▶ **Assignment**
Extract from the entries below, exactly as given, only the lines from the line containing "remove_filter-without_place (suc i) [] = refl" to the line containing "same_list action s t h = h.actions_same", both lines included.

▶ **Supplied records**
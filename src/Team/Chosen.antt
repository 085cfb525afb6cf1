-- ===== src/Team/Chosen.antt =====
-- Which filters the user chose, and that a query asks for them.
use pikoci.Base.{
  ℕ, zero, suc, Bool, true, false, not, ◌&&◌, ◌||◌, none, some, List, [], ◌∷◌, ◌++◌, String, any,
  map, take, ◌≡◌, refl, ap, ◌∙◌, if◌then◌else◌, ◌==◌, text_equality, contains, Option,
}
use pikoci.Team.Audit.{
  Filter, Query, Request, replacing, appending, Page, is_idle, Kind, user, action, pipeline, Log,
  add_filter, remove_filter, toggle_filter, on_list, search_params, load_entries, load_more,
  ask_more, answer, oldest, Event, added, removed, toggled, since_typed, until_typed, applied,
  pressed_more, answered, failed, step, run, opened,
}
use pikoci.Team.Parameters.{filters_in}
use pikoci.Team.Filters.{search_params-filters}

-- What each button does to the filters of its list: a value is put behind the others, kept, unless
-- it is there; the filter at a place is taken out, or is turned round.
abbrev pub with_value : String → List Filter → List Filter
with_value value fs =
    if value == "" || contains (map (λ f. f.value) fs) value
    then fs
    else fs ++ (record { value = value; exclude = false }) ∷ []

abbrev behind : ℕ → List Filter → List Filter
behind zero fs = fs
behind (suc n) [] = []
behind (suc n) (f ∷ fs) = behind n fs

abbrev pub without_place : ℕ → List Filter → List Filter
without_place i fs = take i fs ++ behind (suc i) fs

abbrev turned : Filter → Filter
turned f = record { value = f.value; exclude = if f.exclude then false else true }

abbrev pub turned_place : ℕ → List Filter → List Filter
turned_place i fs = take i fs ++ (map turned (take 1 (behind i fs)) ++ behind (suc i) fs)

abbrev is_kind : Kind → Kind → Bool
is_kind user user = true
is_kind action action = true
is_kind pipeline pipeline = true
is_kind _ _ = false

-- The filters of one list after the events, from those before; pipelines are not turned round.
abbrev pub chosen : Kind → List Event → List Filter → List Filter
chosen kind [] fs = fs
chosen kind (added k value ∷ es) fs =
    chosen kind es (if is_kind k kind then with_value value fs else fs)
chosen kind (removed k i ∷ es) fs =
    chosen kind es (if is_kind k kind then without_place i fs else fs)
chosen kind (toggled k i ∷ es) fs =
    chosen kind es (if is_kind k kind && not (is_kind k pipeline) then turned_place i fs else fs)
chosen kind (_ ∷ es) fs = chosen kind es fs

abbrev list_of : Kind → Log → List Filter
list_of user s = s.users
list_of action s = s.actions
list_of pipeline s = s.pipelines

any_value :
    (value : String) (fs : List Filter)
    → any (λ i. i.value == value) fs ≡ contains (map (λ f. f.value) fs) value
unfolding contains
any_value value [] = refl
any_value value (f ∷ fs) = ap (λ b. f.value == value || b) (any_value value fs)

not_if : (b : Bool) → not b ≡ (if b then false else true)
not_if true = refl
not_if false = refl

add_filter-with_value :
    (value : String) (fs : List Filter) → add_filter value fs ≡ with_value value fs
unfolding add_filter
add_filter-with_value value fs = rw (any_value value fs) refl

remove_filter-without_place : (i : ℕ) (fs : List Filter) → remove_filter i fs ≡ without_place i fs
unfolding remove_filter
remove_filter-without_place zero [] = refl
remove_filter-without_place (suc i) [] = refl
remove_filter-without_place zero (f ∷ fs) = refl
remove_filter-without_place (suc i) (f ∷ fs) = ap (λ r. f ∷ r) (remove_filter-without_place i fs)

exclude_flip : (f : Filter) → record f { exclude = not f.exclude } ≡ turned f
exclude_flip f = ap (λ b. record f { exclude = b }) (not_if f.exclude)

toggle_filter-turned_place : (i : ℕ) (fs : List Filter) → toggle_filter i fs ≡ turned_place i fs
unfolding toggle_filter
toggle_filter-turned_place zero [] = refl
toggle_filter-turned_place (suc i) [] = refl
toggle_filter-turned_place zero (f ∷ fs) = ap (λ g. g ∷ fs) (exclude_flip f)
toggle_filter-turned_place (suc i) (f ∷ fs) = ap (λ r. f ∷ r) (toggle_filter-turned_place i fs)

on_list-list_of :
    (kind k : Kind) (f g : List Filter → List Filter) (s : Log)
    → ((fs : List Filter) → f fs ≡ g fs)
    → list_of kind (on_list k f s) ≡ (if is_kind k kind then g (list_of kind s) else list_of kind s)
unfolding on_list
on_list-list_of user user f g s h = h s.users
on_list-list_of user action f g s h = refl
on_list-list_of user pipeline f g s h = refl
on_list-list_of action user f g s h = refl
on_list-list_of action action f g s h = h s.actions
on_list-list_of action pipeline f g s h = refl
on_list-list_of pipeline user f g s h = refl
on_list-list_of pipeline action f g s h = refl
on_list-list_of pipeline pipeline f g s h = h s.pipelines

-- What leaves all three lists alone.
record SameLists (s t : Log) : Type 0 where
  users_same : t.users ≡ s.users
  actions_same : t.actions ≡ s.actions
  pipelines_same : t.pipelines ≡ s.pipelines

same : (s : Log) → SameLists s s
same s = record { users_same = refl; actions_same = refl; pipelines_same = refl }

same_list : (kind : Kind) (s t : Log) → SameLists s t → list_of kind t ≡ list_of kind s
same_list user s t h = h.users_same
same_list action s t h = h.actions_same
same_list pipeline s t h = h.pipelines_same

either_same : (b : Bool) (s t : Log) → SameLists s t → SameLists s (if b then t else s)
either_same true s t h = h
either_same false s t h = same s

answer-same : (p : Page) (o : Option Request) (s : Log) → SameLists s (answer p o s)
unfolding answer
answer-same p none s = same s
answer-same p (some (replacing q)) s = record {
  users_same = refl;
  actions_same = refl;
  pipelines_same = refl;
}
answer-same p (some (appending q)) s = record {
  users_same = refl;
  actions_same = refl;
  pipelines_same = refl;
}

ask_more-same : (iso : String → String) (o : Option ℕ) (s : Log) → SameLists s (ask_more iso o s)
unfolding ask_more
ask_more-same iso none s = same s
ask_more-same iso (some id) s = record {
  users_same = refl;
  actions_same = refl;
  pipelines_same = refl;
}

load_entries-same : (iso : String → String) (s : Log) → SameLists s (load_entries iso s)
unfolding load_entries
load_entries-same iso s = record { users_same = refl; actions_same = refl; pipelines_same = refl }

load_more-same : (iso : String → String) (s : Log) → SameLists s (load_more iso s)
unfolding load_more
load_more-same iso s = ask_more-same iso (oldest s.entries) s

kind_and {ℓ} :
    {A : Type ℓ} (b : Bool) (x y : A) → (if b then x else y) ≡ (if b && true then x else y)
kind_and true x y = refl
kind_and false x y = refl

kind_never {ℓ} : {A : Type ℓ} (b : Bool) (x y : A) → y ≡ (if b && false then x else y)
kind_never true x y = refl
kind_never false x y = refl

step-chosen :
    (iso : String → String) (kind : Kind) (e : Event) (s : Log)
    → list_of kind (step iso e s) ≡ chosen kind (e ∷ []) (list_of kind s)
unfolding step
step-chosen iso kind (added k value) s =
    on_list-list_of kind k (add_filter value) (with_value value) s (add_filter-with_value value)
step-chosen iso kind (removed k i) s =
    on_list-list_of kind k (remove_filter i) (without_place i) s (remove_filter-without_place i)
step-chosen iso kind (toggled user i) s =
    on_list-list_of kind user (toggle_filter i) (turned_place i) s (toggle_filter-turned_place i)
    ∙ kind_and (is_kind user kind) _ _
step-chosen iso kind (toggled action i) s =
    on_list-list_of kind action (toggle_filter i) (turned_place i) s (toggle_filter-turned_place i)
    ∙ kind_and (is_kind action kind) _ _
step-chosen iso kind (toggled pipeline i) s = kind_never (is_kind pipeline kind) _ _
step-chosen iso kind (since_typed time) s =
    same_list kind s _ (record { users_same = refl; actions_same = refl; pipelines_same = refl })
step-chosen iso kind (until_typed time) s =
    same_list kind s _ (record { users_same = refl; actions_same = refl; pipelines_same = refl })
step-chosen iso kind applied s =
    same_list kind s _ (either_same (is_idle s.waiting) s _ (load_entries-same iso s))
step-chosen iso kind pressed_more s =
    same_list kind s _ (either_same (is_idle s.waiting && s.has_more) s _ (load_more-same iso s))
step-chosen iso kind (answered p) s = same_list kind s _ (answer-same p s.waiting s)
step-chosen iso kind failed s =
    same_list kind s _ (record { users_same = refl; actions_same = refl; pipelines_same = refl })

one_by_one :
    (kind : Kind) (e : Event) (es : List Event) (fs : List Filter)
    → chosen kind es (chosen kind (e ∷ []) fs) ≡ chosen kind (e ∷ es) fs
one_by_one kind (added k value) es fs = refl
one_by_one kind (removed k i) es fs = refl
one_by_one kind (toggled k i) es fs = refl
one_by_one kind (since_typed time) es fs = refl
one_by_one kind (until_typed time) es fs = refl
one_by_one kind applied es fs = refl
one_by_one kind pressed_more es fs = refl
one_by_one kind (answered p) es fs = refl
one_by_one kind failed es fs = refl

run-chosen :
    (iso : String → String) (kind : Kind) (es : List Event) (s : Log)
    → list_of kind (run iso es s) ≡ chosen kind es (list_of kind s)
unfolding run
run-chosen iso kind [] s = refl
run-chosen iso kind (e ∷ es) s =
    run-chosen iso kind es (step iso e s)
    ∙ (ap (chosen kind es) (step-chosen iso kind e s) ∙ one_by_one kind e es (list_of kind s))

-- The parameters stand for the filters that the events chose.
abbrev pub Asks : List Event → Query → Type 0
Asks events q =
    (filters_in "user" "exclude_user" q.params ≡ chosen user events [])
    × (filters_in "action" "exclude_action" q.params ≡ chosen action events [])
    × (filters_in "pipeline" "" q.params ≡ chosen pipeline events [])

-- Whatever the user did, the parameters of a query stand, for users, actions and pipelines each,
-- for exactly the filters that the presses on this list made of no filters: a value put behind the
-- others unless it is empty or there, the filter at a place taken out, or turned between kept and
-- left out, which pipelines are not.
pub search_params_chosen :
    (iso : String → String) (events : List Event) (before : Option ℕ)
    → Asks events (search_params iso (run iso events (opened iso)) before)
unfolding opened load_entries
search_params_chosen iso events before =
    let (u, a, p) = search_params-filters iso events before in
    (
      u ∙ run-chosen iso user events (opened iso),
      a ∙ run-chosen iso action events (opened iso),
      p ∙ run-chosen iso pipeline events (opened iso),
    )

▶ **Exercise response**
remove_filter-without_place (suc i) [] = refl
remove_filter-without_place zero (f ∷ fs) = refl
remove_filter-without_place (suc i) (f ∷ fs) = ap (λ r. f ∷ r) (remove_filter-without_place i fs)

exclude_flip : (f : Filter) → record f { exclude = not f.exclude } ≡ turned f
exclude_flip f = ap (λ b. record f { exclude = b }) (not_if f.exclude)

toggle_filter-turned_place : (i : ℕ) (fs : List Filter) → toggle_filter i fs ≡ turned_place i fs
unfolding toggle_filter
toggle_filter-turned_place zero [] = refl
toggle_filter-turned_place (suc i) [] = refl
toggle_filter-turned_place zero (f ∷ fs) = ap (λ g. g ∷ fs) (exclude_flip f)
toggle_filter-turned_place (suc i) (f ∷ fs) = ap (λ r. f ∷ r) (toggle_filter-turned_place i fs)

on_list-list_of :
    (kind k : Kind) (f g : List Filter → List Filter) (s : Log)
    → ((fs : List Filter) → f fs ≡ g fs)
    → list_of kind (on_list k f s) ≡ (if is_kind k kind then g (list_of kind s) else list_of kind s)
unfolding on_list
on_list-list_of user user f g s h = h s.users
on_list-list_of user action f g s h = refl
on_list-list_of user pipeline f g s h = refl
on_list-list_of action user f g s h = refl
on_list-list_of action action f g s h = h s.actions
on_list-list_of action pipeline f g s h = refl
on_list-list_of pipeline user f g s h = refl
on_list-list_of pipeline action f g s h = refl
on_list-list_of pipeline pipeline f g s h = h s.pipelines

-- What leaves all three lists alone.
record SameLists (s t : Log) : Type 0 where
  users_same : t.users ≡ s.users
  actions_same : t.actions ≡ s.actions
  pipelines_same : t.pipelines ≡ s.pipelines

same : (s : Log) → SameLists s s
same s = record { users_same = refl; actions_same = refl; pipelines_same = refl }

same_list : (kind : Kind) (s t : Log) → SameLists s t → list_of kind t ≡ list_of kind s
same_list user s t h = h.users_same
same_list action s t h = h.actions_same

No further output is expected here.